*** Opening of PROVIDED DATA ***

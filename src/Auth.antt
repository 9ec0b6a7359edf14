-- ===== src/Auth.antt =====
-- src/auth: who a request is from, and the tokens that say so.
pub mod Types
pub mod Storage
pub mod Service
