-- ===== src/Auth/Types.antt =====
-- src/auth/entities/user.entity.ts, and the values of src/auth/auth.service.ts.
use atraport_api.Prelude.{ℕ, String, Bool, true, false, Option}

pub data UserRole : Type 0 where
  admin user readonly : UserRole

pub data UserStatus : Type 0 where
  active inactive suspended : UserStatus

pub record User : Type 0 where
  pub id : String
  pub email : String
  pub password_hash : String
  pub social_provider : Option String
  pub social_provider_id : Option String
  pub role : UserRole
  pub status : UserStatus
  pub refresh_token_hash : Option String
  pub api_key_hash : Option String
  pub api_key_prefix : Option String

pub record AuthUser : Type 0 where
  pub id : String
  pub email : String
  pub role : UserRole

pub record TokenPair : Type 0 where
  pub access_token : String
  pub refresh_token : String

pub record RegisterInput : Type 0 where
  pub email : String
  pub password : String
  pub role : Option UserRole

-- What a Google ID token claims.
pub record GoogleClaims : Type 0 where
  pub sub : Option String
  pub email : Option String
  pub email_verified : Bool

-- The claims of an access token; `exp` is in seconds.
pub record JwtPayload : Type 0 where
  pub sub : String
  pub email : String
  pub role : UserRole
  pub jti : Option String
  pub exp : Option ℕ

pub data AuthError : Type 0 where
  conflict unauthorized not_found : AuthError

pub data Outcome {ℓ} (A : Type ℓ) : Type ℓ where
  fails : AuthError → Outcome A
  gives : A → Outcome A

abbrev pub is_active : UserStatus → Bool
is_active active = true
is_active _ = false

abbrev pub to_auth_user : User → AuthUser
to_auth_user u = record { id = u.id; email = u.email; role = u.role }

*** Close of PROVIDED DATA ***

Using the records above, set down exactly the lines from the one with "pub jti : Option String" through the one with "is_active _ = false", inclusive, and nothing more.

  pub jti : Option String
  pub exp : Option ℕ

pub data AuthError : Type 0 where
  conflict unauthorized not_found : AuthError

pub data Outcome {ℓ} (A : Type ℓ) : Type ℓ where
  fails : AuthError → Outcome A
  gives : A → Outcome A

abbrev pub is_active : UserStatus → Bool
is_active active = true
is_active _ = false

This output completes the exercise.